■ Exercise brief ■
Please return the lines below verbatim, beginning at the one that has "unfoldable pub validate_message" and stopping after the one that has "unfoldable pub validate_request_messages", and add no other lines.

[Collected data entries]

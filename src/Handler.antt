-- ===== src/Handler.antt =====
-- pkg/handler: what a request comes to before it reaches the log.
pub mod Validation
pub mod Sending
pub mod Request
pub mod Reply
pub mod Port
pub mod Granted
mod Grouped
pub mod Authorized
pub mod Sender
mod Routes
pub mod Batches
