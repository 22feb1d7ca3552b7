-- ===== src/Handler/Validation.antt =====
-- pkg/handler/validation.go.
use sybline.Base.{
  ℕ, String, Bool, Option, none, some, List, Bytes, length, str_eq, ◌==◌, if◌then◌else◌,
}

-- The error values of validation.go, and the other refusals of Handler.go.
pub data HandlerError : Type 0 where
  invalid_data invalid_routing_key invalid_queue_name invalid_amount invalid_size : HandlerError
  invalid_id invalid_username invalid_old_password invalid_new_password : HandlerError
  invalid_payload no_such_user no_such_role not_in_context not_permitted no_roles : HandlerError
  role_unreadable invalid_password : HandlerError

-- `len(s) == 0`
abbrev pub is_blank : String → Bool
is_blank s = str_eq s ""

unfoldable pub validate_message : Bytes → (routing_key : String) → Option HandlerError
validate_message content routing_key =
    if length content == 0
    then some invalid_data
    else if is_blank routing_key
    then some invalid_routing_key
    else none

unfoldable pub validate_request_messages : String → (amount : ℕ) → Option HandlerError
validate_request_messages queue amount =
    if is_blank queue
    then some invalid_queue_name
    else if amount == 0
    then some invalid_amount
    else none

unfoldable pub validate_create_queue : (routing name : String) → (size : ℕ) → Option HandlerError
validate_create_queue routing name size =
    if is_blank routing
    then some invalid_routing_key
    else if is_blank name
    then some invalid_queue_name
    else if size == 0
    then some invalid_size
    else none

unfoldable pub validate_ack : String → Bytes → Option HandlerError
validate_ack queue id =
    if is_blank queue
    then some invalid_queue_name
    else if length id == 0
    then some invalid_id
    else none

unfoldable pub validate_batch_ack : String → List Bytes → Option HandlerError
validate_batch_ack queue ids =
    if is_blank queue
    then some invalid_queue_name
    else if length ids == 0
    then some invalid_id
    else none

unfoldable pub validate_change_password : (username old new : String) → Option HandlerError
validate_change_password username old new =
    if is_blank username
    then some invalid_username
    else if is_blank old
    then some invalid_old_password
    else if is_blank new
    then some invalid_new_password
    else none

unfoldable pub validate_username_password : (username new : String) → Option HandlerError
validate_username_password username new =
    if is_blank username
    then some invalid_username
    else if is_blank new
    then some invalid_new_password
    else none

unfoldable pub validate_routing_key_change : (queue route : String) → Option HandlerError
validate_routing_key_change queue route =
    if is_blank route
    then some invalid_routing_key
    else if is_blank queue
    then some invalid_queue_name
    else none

■ Task response ■
unfoldable pub validate_message : Bytes → (routing_key : String) → Option HandlerError
validate_message content routing_key =
    if length content == 0
    then some invalid_data
    else if is_blank routing_key
    then some invalid_routing_key
    else none

unfoldable pub validate_request_messages : String → (amount : ℕ) → Option HandlerError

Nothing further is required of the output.